Spectrum calculations were also checked against measurements. Monte Carlo shows a better prediction while WIMS provides a fair result. It is notable that combination of WIMS/CITATION would be sufficient for neutron flux calculations while Monte Carlo technique should be reserved for the final stages of simulation. A good choice of computational tools would save time a lot in this respect and one is encouraged to perform a comprehensive simulation ahead of design and construction of irradiation facility.

Comparison between Mo production methods

A comparison between the three 99Mo production methods (the fission method, the solid irradiation method and the solution irradiation method) is shown in Table 1, assuming the 99Mo production in JMTR, which is a tank-type reactor.

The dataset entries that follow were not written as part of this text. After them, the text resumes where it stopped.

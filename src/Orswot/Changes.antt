-- ===== src/Orswot/Changes.antt =====
-- What `diff` lists, against what `merge` does (datacake-crdt/src/orswot.rs).
use datacake.Base.{
  ◌≡◌, ◌∙◌, Bool, true, not, Option, none, some, [], ◌∷◌, ltb, if◌then◌else◌, arith, ◌↔◌, inl, inr,
  ◌==◌, ==_iff, Bool-cases,
}
use datacake.Base.Ord.{nat_ord}
use datacake.Base.Assoc.{get, Unique, get-append}
use datacake.Base.BTreeMap.{IsSorted-Unique}
use datacake.Timestamp.Fields.{HlcTimestamp}
use datacake.Orswot.Versions.{NodeVersions, is_ts_before_last_observed_event}
use datacake.Orswot.Set.{Key, StateChanges, OrSWotSet}
use datacake.Orswot.Slot.{Slot, absent, alive, deleted, slot, join, IsValid}
use datacake.Orswot.Diff.{check_self_then_insert_to, check_all, diff}
use datacake.Orswot.Merge.{merge}
use datacake.Orswot.MergeSlots.{slot-merge}
use datacake.Orswot.MergeLaws.{NotPassed}

-- The test that decides whether a timestamp is listed, on what the set says of the key.
abbrev pub wanted : NodeVersions → Slot → HlcTimestamp → Bool
wanted v absent ts = not (is_ts_before_last_observed_event ts v)
wanted v (alive t) ts = ltb t ts
wanted v (deleted d) ts = ltb d ts

abbrev pub pick : Bool → HlcTimestamp → Option HlcTimestamp
pick b ts = if b then some ts else none

abbrev first : Option HlcTimestamp → Option HlcTimestamp → Option HlcTimestamp
first (some x) y = some x
first none y = y

get-check_self :
    (s : OrSWotSet) (k j : Key) (ts : HlcTimestamp) (vals : StateChanges)
    → get k (check_self_then_insert_to s j ts vals)
      ≡ first (get k vals) (if j == k then pick (wanted s.versions (slot k s) ts) ts else none)
unfolding check_self_then_insert_to get
get-check_self s k j ts vals = elim (Bool-cases (j == k)) [
  | inl e ↦ ground (arith, get-append k vals ((j, ts) ∷ []), (==_iff j k).0 e)
  | inr e ↦ ground (arith, get-append k vals ((j, ts) ∷ []))
]

get-check_all :
    (s : OrSWotSet) (k : Key) (l vals : StateChanges)
    → Unique l
    → get k (check_all s l vals)
      ≡ first
          (get k vals)
          (elim (get k l) [ none ↦ none | some ts ↦ pick (wanted s.versions (slot k s) ts) ts ])
unfolding check_all get
get-check_all s k [] vals u = ground arith
get-check_all s k ((j, ts) ∷ l) vals u =
    get-check_all s k l (check_self_then_insert_to s j ts vals) u.1
    ∙ ground (arith, get-check_self s k j ts vals, u.0, ==_iff j k)

-- A key is listed, with the other set's timestamp, exactly where that timestamp is later than the
-- own one, or where the own set holds nothing of the key and its versions have not passed the
-- timestamp. Entries are listed as changes and tombstones as removals.
pub get-diff :
    (s o : OrSWotSet) (k : Key)
    → IsValid o
    → (get k (diff s o).0 ≡ elim (get k o.entries) [
      | none ↦ none
      | some ts ↦ pick (wanted s.versions (slot k s) ts) ts
    ])
      × (get k (diff s o).1 ≡ elim (get k o.dead) [
        | none ↦ none
        | some ts ↦ pick (wanted s.versions (slot k s) ts) ts
      ])
unfolding diff get
get-diff s o k v = (
  get-check_all s k o.entries [] (IsSorted-Unique o.entries v.sorted),
  get-check_all s k o.dead [] v.unique,
)

-- The one case in which `diff` and `merge` order two timestamps differently: a tombstone of the own
-- set and an entry of the other with the same timestamp.
abbrev pub IsTie : Slot → Slot → Type 0
IsTie (deleted d) (alive t) = d ≡ t
IsTie x y = ⊥

-- Apart from a tie, and where the own versions have not passed the other's timestamp, `diff` lists
-- nothing of a key exactly where the other's slot adds nothing to the own one.
pub diff-none_iff :
    (s o : OrSWotSet) (k : Key)
    → IsValid s
    → IsValid o
    → NotPassed s.versions (slot k o)
    → ¬ IsTie (slot k s) (slot k o)
    → ((get k (diff s o).0 ≡ none) × (get k (diff s o).1 ≡ none))
      ↔ (join (slot k s) (slot k o) ≡ slot k s)
unfolding join
diff-none_iff s o k v w p t = ground (arith, get-diff s o k w, v.disjoint k, w.disjoint k, p)

-- At a tie `diff` lists nothing of the key, and `merge` brings the entry back.
pub diff-merge_tie :
    (s o : OrSWotSet) (k : Key)
    → IsValid s
    → IsValid o
    → (t : HlcTimestamp) → slot k s ≡ deleted t
    → slot k o ≡ alive t
    → (get k (diff s o).0 ≡ none) × (get k (diff s o).1 ≡ none) × (slot k (merge s o) ≡ alive t)
unfolding join
diff-merge_tie s o k v w t e f =
    ground (arith, get-diff s o k w, slot-merge s o k v w, v.disjoint k, w.disjoint k)

-- A key that the own set has purged, and that the other still holds with a timestamp that the own
-- versions have passed, is listed by no `diff`, and `merge` brings it back.
pub diff-merge_passed :
    (s o : OrSWotSet) (k : Key)
    → IsValid s
    → IsValid o
    → (t : HlcTimestamp) → slot k s ≡ absent
    → slot k o ≡ alive t
    → is_ts_before_last_observed_event t s.versions ≡ true
    → (get k (diff s o).0 ≡ none) × (get k (diff s o).1 ≡ none) × (slot k (merge s o) ≡ alive t)
unfolding join
diff-merge_passed s o k v w t e f b =
    ground (arith, get-diff s o k w, slot-merge s o k v w, v.disjoint k, w.disjoint k)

1.1 Fission method ((n, f) method)

In the conventional fission method ((n, f) method), high-enriched uranium targets are irradiated with neutrons in a testing reactor, and 99Mo is produced by the 235U (n, f) 99Mo reaction. Most of the world supply of 99Mo is produced by the (n, f) method since 99Mo with a high-level specific activity of 370 TBq/ g-Mo is obtained. However, the method has problems about the nuclear nonproliferation and the generation of a significant amount of radioactive waste including Fission Products (FPs) and Pu. Caused by the radioactive waste, the separation process of 99Mo is too complex, and 99Mo production with the (n, f) method needs expensive facilities and extreme care to avoid contamination with FPs. The 99Mo production cost by this method achieves 57 US$/37 GBq (Boyd, 1997), and it is too expensive.